If you’ve spent any time around me, you’ve heard me say “Attachment is the trap”. I’ve seen you roll your eyes at me and I’ve fielded the questions…
“Aren’t you attached to your husband/daughter?”
“Aren’t you attached to your body?”

This gets into some tedious wordplay and I kind of feel the need all of a sudden to try to put myself to the task of clarifying my position and the way I deal with attachment.

Firstly, of course I love my family. Of course I want to keep my body alive. My brain is hardwired to make sure those things happen. I have very little choice in the matter – and that’s as it should be. Where I do have choice is in how much weight I put on those loves. Will my clinging to my daughter as her child years melt away make anything any better? Clinging to those moments with tears in my eyes only puts bittersweet all over them when they could be full of more pure joy! I want the memory of pure joy to be clear in my mind when I’m 70 and haven’t held a 4 year old foot in my hand for 35 years. That’s why I work so hard to let go of the bittersweet – the fear of losing what is ABSOLUTELY going away right now like sand through my fingers.

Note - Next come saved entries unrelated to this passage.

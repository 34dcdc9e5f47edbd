-- ===== src/Uvc/Output.antt =====
-- The frame records that `uvc_emit_frame` and its callers put on the event buffer.
use mathlib.Core.List.{append-nil}
use usbtrace.Common.{
  ℕ, ◌≡◌, refl, sym, ◌∙◌, ap, arith, Bool, true, false, List, [], ◌∷◌, ◌++◌, if◌then◌else◌, ◌&&◌,
  not, ◌==◌, Bool-cases, inl, inr,
}
use usbtrace.Records.{UvcVb2Event}
use usbtrace.Bpf.{KeyMap, Task}
use usbtrace.Uvc.State.{StreamState, QState, StreamCorr, Pool, UvcRecord, frame, vb2}
use usbtrace.Uvc.Vb2.{
  World, corr_store, note_wire_frame, vb2_qstate, bind_dev, fill_device, vb2_submit,
  check_starvation,
}
use usbtrace.Uvc.Parse.{
  Packet, packet_eof, add_packet, frame_record, Source, emit_frame, open_frame,
}
use usbtrace.Uvc.Segments.{frames_in}
use usbtrace.Uvc.Segments.Rounds.{opening, closing}

frames_in-append : (a b : List UvcRecord) → frames_in (a ++ b) ≡ frames_in a ++ frames_in b
unfolding frames_in
frames_in-append [] b = refl
frames_in-append (frame e ∷ a) b = ap (λ x. e ∷ x) (frames_in-append a b)
frames_in-append (vb2 e ∷ a) b = frames_in-append a b

frames_in-vb2 : (a : List UvcRecord) (e : UvcVb2Event) → frames_in (a ++ (vb2 e ∷ [])) ≡ frames_in a
unfolding frames_in
frames_in-vb2 a e = frames_in-append a (vb2 e ∷ []) ∙ append-nil (frames_in a)

module _ (C : KeyMap StreamCorr) (D : KeyMap ℕ) (Q : KeyMap QState) where
  bind_dev_output :
      (q bus dev : ℕ) (w : World C D Q) → (bind_dev C D Q q bus dev w).output ≡ w.output
  unfolding bind_dev
  bind_dev_output q bus dev w = ground arith

  vb2_qstate_output : (k : ℕ) (w : World C D Q) → (vb2_qstate C D Q k w).1.output ≡ w.output
  unfolding vb2_qstate
  vb2_qstate_output k w = ground arith

  corr_store_output :
      (k : ℕ) (c : StreamCorr) (w : World C D Q) → (corr_store C D Q k c w).output ≡ w.output
  unfolding corr_store
  corr_store_output k c w = ground arith

  note_wire_output :
      (bus devnum vid pid bytes now : ℕ) (w : World C D Q)
      → (note_wire_frame C D Q bus devnum vid pid bytes now w).output ≡ w.output
  unfolding note_wire_frame
  note_wire_output bus devnum vid pid bytes now w =
      corr_store_output _ _ _ ∙ corr_store_output _ _ w

  if_output :
      (b : Bool) (w w' : World C D Q)
      → w'.output ≡ w.output
      → (if b then w else w').output ≡ w.output
  if_output true w w' h = refl
  if_output false w w' h = h

  vb2_submit_frames :
      (task : Task) (q : ℕ) (ve : UvcVb2Event) (w : World C D Q)
      → frames_in (vb2_submit C D Q task q ve w).output ≡ frames_in w.output
  unfolding vb2_submit
  vb2_submit_frames task q ve w =
      let e = fill_device C D Q w ve.hdr.ts_ns ve in
      frames_in-vb2 _ _
      ∙ ap frames_in (
          if_output (e.busnum == 0 && e.devnum == 0) w (bind_dev C D Q q e.busnum e.devnum w)
            (bind_dev_output q e.busnum e.devnum w))

  Keeps : World C D Q → World C D Q → Type 0
  Keeps w w' = frames_in w'.output ≡ frames_in w.output

  if_Keeps : (b : Bool) (w x y : World C D Q) → Keeps w x → Keeps w y → Keeps w (if b then x else y)
  if_Keeps true w x y p q = p
  if_Keeps false w x y p q = q

  check_starvation_frames :
      (task : Task) (pools : ℕ → Pool) (bus dev now : ℕ) (w : World C D Q)
      → Keeps w (check_starvation C D Q task pools bus dev now w)
  unfolding check_starvation Keeps
  check_starvation_frames task pools bus dev now w =
      grind (arith, vb2_submit_frames, vb2_qstate_output)

  emit_frame_frames :
      (src : Source) (eof : Bool) (w : World C D Q) (st : StreamState)
      → frames_in (emit_frame C D Q src eof (w, st)).0.output
        ≡ frames_in w.output ++ (frame_record src st eof ∷ [])
  unfolding emit_frame frames_in Keeps
  emit_frame_frames src eof w st =
      check_starvation_frames _ _ _ _ _ _
      ∙ (ap frames_in (note_wire_output _ _ _ _ _ _ _)
          ∙ frames_in-append w.output (frame (frame_record src st eof) ∷ []))

  pub open_frame_frames :
      (src : Source) (f : ℕ) (w : World C D Q) (st : StreamState)
      → frames_in (open_frame C D Q src f (w, st)).0.output
        ≡ frames_in w.output
          ++ (opening src f st st.active (st.have_fid && not (f == st.cur_fid))).0
  unfolding open_frame opening emit_frame frame_record
  open_frame_frames src f w st = elim (Bool-cases st.active) [
    | inl a ↦ elim (Bool-cases (st.have_fid && not (f == st.cur_fid))) [
      | inl t ↦ rw (a, t) (emit_frame_frames src false w st)
      | inr t ↦ rw (a, t) (sym (append-nil (frames_in w.output)))
    ]
    | inr a ↦ rw a (sym (append-nil (frames_in w.output)))
  ]

  pub open_frame_state :
      (src : Source) (f : ℕ) (w : World C D Q) (st : StreamState)
      → (open_frame C D Q src f (w, st)).1
        ≡ (opening src f st st.active (st.have_fid && not (f == st.cur_fid))).1
  unfolding open_frame opening emit_frame
  open_frame_state src f w st = elim (Bool-cases st.active) [
    | inl a ↦ elim (Bool-cases (st.have_fid && not (f == st.cur_fid))) [
      | inl t ↦ rw (a, t)
      | inr t ↦ rw (a, t)
    ]
    | inr a ↦ rw a
  ]

  -- The end of `take_packet`.
  unfoldable pub close_frame :
      Source → Packet → World C D Q × StreamState → World C D Q × StreamState
  close_frame src p (w, st) =
      if packet_eof p then emit_frame C D Q src true (w, add_packet p st) else (w, add_packet p st)

  pub close_frame_frames :
      (src : Source) (p : Packet) (w : World C D Q) (st : StreamState)
      → frames_in (close_frame src p (w, st)).0.output
        ≡ frames_in w.output ++ (closing src p st (packet_eof p)).0
  unfolding close_frame closing
  close_frame_frames src p w st = elim (Bool-cases (packet_eof p)) [
    | inl e ↦ rw e (emit_frame_frames src true w (add_packet p st))
    | inr e ↦ rw e (sym (append-nil (frames_in w.output)))
  ]

  pub close_frame_state :
      (src : Source) (p : Packet) (w : World C D Q) (st : StreamState)
      → (close_frame src p (w, st)).1 ≡ (closing src p st (packet_eof p)).1
  unfolding close_frame closing emit_frame
  close_frame_state src p w st = elim (Bool-cases (packet_eof p)) [ inl e ↦ rw e | inr e ↦ rw e ]
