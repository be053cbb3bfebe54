-- ===== src/Auth/Ticket.antt =====
-- internal/auth/ticket.go: the ticket of a connection.
use p2p_server.Base.{ℕ, ◌+◌, ◌-◌, ◌/◌, String, List}
use p2p_server.Base.Texts.{append, bytes_of, itoa}
use p2p_server.Protocol.{Role}
use p2p_server.Storage.Ids.{random_token}
use p2p_server.Auth.{Crypto}

-- Seconds from Go's zero time to 1970.
abbrev unix_epoch : ℕ
unix_epoch = 62135596800

-- `Time.Unix`, of a time that is not before 1970.
unfoldable pub unix : ℕ → ℕ
unix t = t / 1000000000 - unix_epoch

abbrev pub role_text : Role → String
role_text Role.owner = "owner"
role_text Role.member = "member"

abbrev separator : String
separator = "\u{1f}"

-- `strings.Join(…, "\x1f")` of the five fields.
unfoldable pub ticket_body : String → String → String → String → String → String
ticket_body sid mid conn role exp = append sid (
    append separator (
      append mid
        (append separator (append conn (append separator (append role (append separator exp)))))))

module _ (c : Crypto) where
  -- `Issue`, with the key, and `time.Now()` in front of the fields.
  unfoldable pub issue : List ℕ → ℕ → String → String → String → Role → ℕ → String
  issue key now sid mid conn role ttl =
      let body = ticket_body sid mid conn (role_text role) (itoa (unix (now + ttl))) in
      append (c.b64_encode (bytes_of body)) (append "." (c.b64_encode (c.hmac key (bytes_of body))))

-- `RandomID`
unfoldable pub random_id : String → (ℕ → ℕ) → ℕ → String
random_id prefix bytes n = append prefix (random_token bytes n)
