-- ===== src/Auth/Token.antt =====
-- internal/auth/token.go: join tokens, as their 32 raw bytes, and the texts that stand for them.
use Prim.Native.Char.{code}
use p2p_server.Base.{
  ℕ, zero, suc, String, Bool, true, false, not, ◌&&◌, ◌||◌, Option, none, some, List, [], ◌∷◌,
  Result, ok, err, leb, ◌==◌, same, if◌then◌else◌, length,
}
use p2p_server.Base.Texts.{append, to_upper, trim_space, remove_char, hex}
use p2p_server.Storage.{Env}
use p2p_server.Auth.{Crypto}

pub data TokenError : Type 0 where
  bad_token rand_failed : TokenError

abbrev pub token_bytes : ℕ
token_bytes = 32

-- `n` bytes of one `rand.Read`.
unfoldable pub read_bytes : (ℕ → ℕ) → ℕ → ℕ → List ℕ
read_bytes bytes zero j = []
read_bytes bytes (suc n) j = bytes j ∷ read_bytes bytes n (suc j)

unfoldable pub new_join_token : Env → Result TokenError (List ℕ)
unfolding read_bytes
new_join_token env =
    if env.rand_fails then err rand_failed else ok (read_bytes (env.random 0) token_bytes 0)

unfoldable pub from_raw : List ℕ → Result TokenError (List ℕ)
from_raw raw = if length raw == token_bytes then ok raw else err bad_token

-- The characters of a text in groups of four, a dash between two groups; `n` stand in the group so
-- far.
pub grouped : ℕ → String → String
grouped n String.[] = ""
grouped n (String.◌∷◌ c s) =
    let here = String.◌∷◌ c (grouped (suc n) s) in
    let next = String.◌∷◌ "-" (String.◌∷◌ c (grouped 1 s)) in if n == 4 then next else here

-- A text is at least four characters long and they spell `P2P-`, in any case.
pub has_prefix : String → Bool
has_prefix (String.◌∷◌ a (String.◌∷◌ b (String.◌∷◌ c (String.◌∷◌ d s)))) =
    same (to_upper (String.◌∷◌ a (String.◌∷◌ b (String.◌∷◌ c (String.◌∷◌ d ""))))) "P2P-"
has_prefix _ = false

pub drop_four : String → String
drop_four (String.◌∷◌ a (String.◌∷◌ b (String.◌∷◌ c (String.◌∷◌ d s)))) = s
drop_four _ = ""

abbrev is_base32 : ℕ → Bool
is_base32 r = leb b'A' r && leb r b'Z' || leb b'a' r && leb r b'z' || leb b'2' r && leb r b'7'

pub all_base32 : String → Bool
all_base32 String.[] = true
all_base32 (String.◌∷◌ c s) = is_base32 (code c) && all_base32 s

-- `isBase32Alphabet`
unfoldable pub is_base32_alphabet : String → Bool
unfolding all_base32
is_base32_alphabet s = not (same s "") && all_base32 s

-- `err == nil && len(raw) == TokenBytes`
abbrev pub token_or {ℓ} : {A : Type ℓ} → Option (List ℕ) → (List ℕ → A) → A → A
token_or none yes_ no_ = no_
token_or (some raw) yes_ no_ = if length raw == token_bytes then yes_ raw else no_

module _ (c : Crypto) where
  -- `Hash`, and `hashTokenRaw` of internal/session/errors.go.
  unfoldable pub hash : List ℕ → String
  hash raw = hex (c.sha256 raw)

  unfoldable pub encode_join_code : List ℕ → String
  unfolding grouped
  encode_join_code raw =
      if length raw == token_bytes then append "P2P-" (grouped 0 (c.b32_encode raw)) else ""

  -- `decodeB64u`
  unfoldable pub decode_b64u : String → Option (List ℕ)
  decode_b64u s = elim (c.b64_decode s) [ some raw ↦ some raw | none ↦ c.b64_decode_padded s ]

  -- The last two attempts of `DecodeToken`.
  decode_plain : String → String → Result TokenError (List ℕ)
  decode_plain s compact =
      token_or (decode_b64u s) ok (token_or (c.b32_decode (to_upper compact)) ok (err bad_token))

  unfoldable pub decode_token : String → Result TokenError (List ℕ)
  unfolding has_prefix drop_four decode_plain
  decode_token input =
      let s = trim_space input in
      let body = remove_char " " (remove_char "-" (to_upper (drop_four s))) in
      let compact = remove_char "_" (remove_char "-" s) in
      if same s ""
      then err bad_token
      else if has_prefix s
      then token_or (c.b32_decode body) ok (err bad_token)
      else if is_base32_alphabet compact
      then token_or (c.b32_decode (to_upper compact)) ok (decode_plain s compact)
      else decode_plain s compact

  -- `HashTokenString`
  unfoldable pub hash_token_string : String → Result TokenError String
  hash_token_string s = elim (decode_token s) [ ok raw ↦ ok (hash raw) | err e ↦ err e ]

-- `ConstantTimeEqualHex`
abbrev pub constant_time_equal_hex : String → String → Bool
constant_time_equal_hex a b = same a b
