-- ===== src/Auth/Verify.antt =====
-- internal/auth/ticket.go: `Verify`. The claims of a ticket are strings of Go, which are bytes.
pub mod Fields
pub mod Issued
use p2p_server.Base.{
  ℕ, zero, suc, ◌+◌, ◌-◌, ◌*◌, Bool, true, false, not, ◌&&◌, ◌||◌, String, List, [], ◌∷◌, Option,
  none, some, Result, ok, err, ◌>>=◌, ◌>>◌, reject_if, or_fail, ltb, leb, ◌==◌, if◌then◌else◌, same,
  length,
}
use Prim.Native.Char.{code}
use p2p_server.Base.Int.{ℤ, pos, negsuc}
use p2p_server.Base.Texts.{bytes_of, trim_space}
use p2p_server.Auth.{Crypto}
use p2p_server.Auth.Ticket.{unix}
use p2p_server.Auth.Token.{decode_b64u, read_bytes}
use p2p_server.Storage.{Env}

-- `Err*` of ticket.go.
pub data TicketError : Type 0 where
  ticket_invalid ticket_expired : TicketError

abbrev pub Bytes : Type 0
Bytes = List ℕ

pub record Ticket : Type 0 where
  pub session_id : Bytes
  pub member_id : Bytes
  pub connection_id : Bytes
  pub role : Bytes
  pub expires_at : ℤ

-- `strings.SplitN(s, x, 2)` for a character, where there are two parts.
unfoldable pub cut : ℕ → String → Option (String × String)
cut x String.[] = none
cut x (String.◌∷◌ c s) =
    if code c == x
    then some ("", s)
    else elim (cut x s) [ none ↦ none | some (a, b) ↦ some (String.◌∷◌ c a, b) ]

-- The bytes in front of the first part.
abbrev pub prepend : ℕ → List Bytes → List Bytes
prepend b [] = (b ∷ []) ∷ []
prepend b (p ∷ ps) = (b ∷ p) ∷ ps

-- `strings.Split` by one byte.
unfoldable pub split : ℕ → Bytes → List Bytes
split x [] = [] ∷ []
split x (b ∷ bs) = let rest = split x bs in if b == x then [] ∷ rest else prepend b rest

-- `hmac.Equal`
unfoldable pub equal_bytes : Bytes → Bytes → Bool
equal_bytes [] [] = true
equal_bytes (a ∷ as') (b ∷ bs) = a == b && equal_bytes as' bs
equal_bytes _ _ = false

abbrev pub is_digit : ℕ → Bool
is_digit b = leb 48 b && leb b 57

-- The digits at the front as a number, after one that is `acc`.
unfoldable pub digits_from : ℕ → Bytes → ℕ
digits_from acc [] = acc
digits_from acc (b ∷ bs) =
    let more = digits_from (acc * 10 + (b - 48)) bs in if is_digit b then more else acc

-- A number of at least one digit.
unfoldable pub number : Bytes → Option ℕ
number [] = none
number (b ∷ bs) = if is_digit b then some (digits_from 0 (b ∷ bs)) else none

-- An int64 by its sign and size.
abbrev pub int64_min_size : ℕ
int64_min_size = 9223372036854775808

unfoldable pub positive : Option ℕ → Option ℤ
positive none = none
positive (some n) = if ltb n int64_min_size then some (pos n) else none

abbrev pub negate : ℕ → ℤ
negate zero = pos 0
negate (suc n) = negsuc n

unfoldable pub negative : Option ℕ → Option ℤ
negative none = none
negative (some n) = if leb n int64_min_size then some (negate n) else none

-- The blanks that `fmt` skips on a line.
abbrev pub is_blank : ℕ → Bool
is_blank b = b == 32 || (b == 9 || (leb 11 b && leb b 13))

unfoldable pub skip_blanks : Bytes → Bytes
skip_blanks [] = []
skip_blanks (b ∷ bs) = let rest = skip_blanks bs in if is_blank b then rest else b ∷ bs

unfoldable pub signed : Bytes → Option ℤ
signed [] = none
signed (b ∷ bs) =
    if b == 45
    then negative (number bs)
    else if b == 43
    then positive (number bs)
    else positive (number (b ∷ bs))

-- `fmt.Sscanf(s, "%d", &exp)`, which leaves what follows the digits.
unfoldable pub scan_int : Bytes → Option ℤ
scan_int bs = signed (skip_blanks bs)

-- `now > exp`
abbrev pub is_past : ℤ → ℕ → Bool
is_past (pos n) now = ltb n now
is_past (negsuc n) now = true

-- The checks on the fields.
unfoldable pub read_fields : ℕ → List Bytes → Result TicketError Ticket
read_fields now (sid ∷ (mid ∷ (conn ∷ (role ∷ (e ∷ []))))) = do
  exp ← or_fail (scan_int e) ticket_invalid
  reject_if (is_past exp (unix now)) ticket_expired
  ok record {
    session_id = sid;
    member_id = mid;
    connection_id = conn;
    role = role;
    expires_at = exp;
  }
read_fields now _ = err ticket_invalid

-- `Verify`, with the key and `time.Now()`. The separators are `.` and byte 31.
unfoldable pub verify : Crypto → Bytes → ℕ → String → Result TicketError Ticket
verify c key now ticket = do
  (body, sig) ← or_fail (cut 46 ticket) ticket_invalid
  body_raw ← or_fail (c.b64_decode body) ticket_invalid
  sig_raw ← or_fail (c.b64_decode sig) ticket_invalid
  reject_if (not (equal_bytes sig_raw (c.hmac key body_raw))) ticket_invalid
  read_fields now (split 31 body_raw)

abbrev ticket_key_bytes : ℕ
ticket_key_bytes = 32

-- `NewTicketKey`, with what `rand.Read` gives.
pub new_ticket_key : Env → Option Bytes
new_ticket_key env =
    if env.rand_fails then none else some (read_bytes (env.random 0) ticket_key_bytes 0)

-- `TicketKeyFromString`
pub ticket_key_from_string : Crypto → String → Option Bytes
ticket_key_from_string c s = if same s "" then none else elim (decode_b64u c (trim_space s)) [
  | none ↦ none
  | some raw ↦ if length raw == ticket_key_bytes then some raw else none
]

-- `String`
pub key_text : Crypto → Bytes → String
key_text c key = c.b64_encode key
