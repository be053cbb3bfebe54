-- ===== src/Base/Texts/Decimal.antt =====
-- What `itoa` writes: digits, by which the number can be told.
use Prim.Native.Char.{Char, code}
use Prim.Native.Nat.{ℕ, zero, suc, ◌+◌, ◌-◌, ◌*◌, ◌/◌, ◌%◌, ◌≤◌, ◌<◌}
use Prim.Native.String.{String}
use mathlib.Core.Path.{◌≡◌, refl, sym, ap, ◌∙◌}
use native.Mathlib.Omega.{arith}
use p2p_server.Base.Tests.{ltb, Bool-cases}
use mathlib.Core.Logic.{inl, inr}
use p2p_server.Base.Texts.{char_at, append, itoa, itoa_from, bytes_of}
use p2p_server.Base.Lists.{All, All-append}
use mathlib.Core.List.{List, [], ◌∷◌, ◌++◌}

value : ℕ → String → ℕ
value acc String.[] = acc
value acc (String.◌∷◌ c s) = value (acc * 10 + (code c - 48)) s

value-snoc :
    (s : String) (acc : ℕ) (c : Char)
    → value acc (append s (String.◌∷◌ c "")) ≡ value acc s * 10 + (code c - 48)
unfolding value append
value-snoc String.[] acc c = refl
value-snoc (String.◌∷◌ d s) acc c = value-snoc s (acc * 10 + (code d - 48)) c

digit_value : (n : ℕ) → n < 10 → code (char_at "0123456789" n) - 48 ≡ n
digit_value zero h = refl
digit_value (suc zero) h = refl
digit_value (suc (suc zero)) h = refl
digit_value (suc (suc (suc zero))) h = refl
digit_value (suc (suc (suc (suc zero)))) h = refl
digit_value (suc (suc (suc (suc (suc zero))))) h = refl
digit_value (suc (suc (suc (suc (suc (suc zero)))))) h = refl
digit_value (suc (suc (suc (suc (suc (suc (suc zero))))))) h = refl
digit_value (suc (suc (suc (suc (suc (suc (suc (suc zero)))))))) h = refl
digit_value (suc (suc (suc (suc (suc (suc (suc (suc (suc zero))))))))) h = refl
digit_value (suc (suc (suc (suc (suc (suc (suc (suc (suc (suc n)))))))))) h = absurd (omega arith)

value-itoa_from : (fuel n : ℕ) → n < fuel → value 0 (itoa_from fuel n) ≡ n
unfolding itoa_from value
value-itoa_from zero n h = absurd (omega arith)
value-itoa_from (suc fuel) n h = elim (Bool-cases (ltb n 10)) [
  | inl small ↦ rw small (short n (ground arith))
  | inr big ↦ rw big (
      omega (
        arith,
        value-snoc (itoa_from fuel (n / 10)) 0 (char_at "0123456789" (n % 10)),
        digit_value (n % 10) (omega arith),
        value-itoa_from fuel (n / 10) (ground arith),
      ))
]
  where
    short : (k : ℕ) → k < 10 → value 0 (String.◌∷◌ (char_at "0123456789" k) "") ≡ k
    short k lt = omega (arith, digit_value k lt)

pub itoa_injective : (m n : ℕ) → itoa m ≡ itoa n → m ≡ n
unfolding itoa
itoa_injective m n e =
    sym (value-itoa_from (suc m) m (omega arith))
    ∙ (ap (value 0) e ∙ value-itoa_from (suc n) n (omega arith))

string_tail : String → String
string_tail String.[] = ""
string_tail (String.◌∷◌ c s) = s

pub append_injective : (s t u : String) → append s t ≡ append s u → t ≡ u
unfolding append string_tail
append_injective String.[] t u e = e
append_injective (String.◌∷◌ c s) t u e = append_injective s t u (ap string_tail e)

-- The number that bytes of digits stand for, after `acc`.
abbrev pub value_of : ℕ → List ℕ → ℕ
value_of acc [] = acc
value_of acc (b ∷ bs) = value_of (acc * 10 + (b - 48)) bs

value-bytes_of : (acc : ℕ) (s : String) → value acc s ≡ value_of acc (bytes_of s)
unfolding value bytes_of
value-bytes_of acc String.[] = refl
value-bytes_of acc (String.◌∷◌ c s) = value-bytes_of (acc * 10 + (code c - 48)) s

pub value_of-itoa : (n : ℕ) → value_of 0 (bytes_of (itoa n)) ≡ n
unfolding itoa
value_of-itoa n =
    sym (value-bytes_of 0 (itoa_from (suc n) n)) ∙ value-itoa_from (suc n) n (omega arith)

pub bytes_of-append : (s t : String) → bytes_of (append s t) ≡ bytes_of s ++ bytes_of t
unfolding append bytes_of
bytes_of-append String.[] t = refl
bytes_of-append (String.◌∷◌ c s) t = ap (λ bs. code c ∷ bs) (bytes_of-append s t)

abbrev pub IsDigit : ℕ → Type 0
IsDigit b = (48 ≤ b) × (b ≤ 57)

char_at-IsDigit : (n : ℕ) → n < 10 → IsDigit (code (char_at "0123456789" n))
char_at-IsDigit zero h = omega arith
char_at-IsDigit (suc zero) h = omega arith
char_at-IsDigit (suc (suc zero)) h = omega arith
char_at-IsDigit (suc (suc (suc zero))) h = omega arith
char_at-IsDigit (suc (suc (suc (suc zero)))) h = omega arith
char_at-IsDigit (suc (suc (suc (suc (suc zero))))) h = omega arith
char_at-IsDigit (suc (suc (suc (suc (suc (suc zero)))))) h = omega arith
char_at-IsDigit (suc (suc (suc (suc (suc (suc (suc zero))))))) h = omega arith
char_at-IsDigit (suc (suc (suc (suc (suc (suc (suc (suc zero)))))))) h = omega arith
char_at-IsDigit (suc (suc (suc (suc (suc (suc (suc (suc (suc zero))))))))) h = omega arith
char_at-IsDigit (suc (suc (suc (suc (suc (suc (suc (suc (suc (suc n)))))))))) h =
    absurd (omega arith)

itoa_from-IsDigit : (fuel n : ℕ) → All IsDigit (bytes_of (itoa_from fuel n))
unfolding itoa_from bytes_of
itoa_from-IsDigit zero n = tt
itoa_from-IsDigit (suc fuel) n = elim (Bool-cases (ltb n 10)) [
  | inl small ↦ rw small (char_at-IsDigit n (ground arith), tt)
  | inr big ↦
      rw
        (
          big,
          bytes_of-append (itoa_from fuel (n / 10)) (String.◌∷◌ (char_at "0123456789" (n % 10)) ""),
        )
        (All-append IsDigit (bytes_of (itoa_from fuel (n / 10))) _ (itoa_from-IsDigit fuel (n / 10))
          (char_at-IsDigit (n % 10) (omega arith), tt))
]

pub itoa-IsDigit : (n : ℕ) → All IsDigit (bytes_of (itoa n))
unfolding itoa
itoa-IsDigit n = itoa_from-IsDigit (suc n) n

snoc-ne-nil : (bs : List ℕ) (b : ℕ) → (c : ℕ) × (cs : List ℕ) × (bs ++ b ∷ [] ≡ c ∷ cs)
snoc-ne-nil [] b = (b, [], refl)
snoc-ne-nil (c ∷ cs) b = (c, cs ++ b ∷ [], refl)

-- At least one digit.
pub itoa-cons : (n : ℕ) → (b : ℕ) × (bs : List ℕ) × (bytes_of (itoa n) ≡ b ∷ bs)
unfolding itoa itoa_from bytes_of
itoa-cons n = elim (Bool-cases (ltb n 10)) [
  | inl small ↦ rw small (code (char_at "0123456789" n), [], refl)
  | inr big ↦
      let d = char_at "0123456789" (n % 10) in
      let (c, cs, e) = snoc-ne-nil (bytes_of (itoa_from n (n / 10))) (code d) in
      rw big (c, cs, bytes_of-append (itoa_from n (n / 10)) (String.◌∷◌ d "") ∙ e)
]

I cannot make her tiny and precious forever. The whole point of raising a child is to help them GO AWAY! If you do it right, maybe you get a continued good relationship… but maybe you don’t. Maybe it’s not even your fault. Life is like that. Accepting that possibility of loss at every turn is really hard. No joke, but if you can let go and just enjoy the hell out of your moment RIGHT NOW, I promise you, it feels like all of eternity has just unfolded before your eyes and in your heart.

Every time I feel the fear that I’ll lose a moment, a person, a possession, my health, it feels like time shrinks in on me and chills my soul. I don’t like that feeling. That is as simple as I can possibly make my philosophy I think…

What about godstuff? Well… On my path, I have found it useful to accept that all the godstuff is beyond my feeble brain’s ability to completely suss out. The more I study and learn, the more I realize that the Great Mystery is easier for me if I just kind of try to listen to it without defining it. That doesn’t mean I think that’s the best way of thinking for everybody, but that’s what I do.

So there’s that.
I feel better now.
Onward and upward!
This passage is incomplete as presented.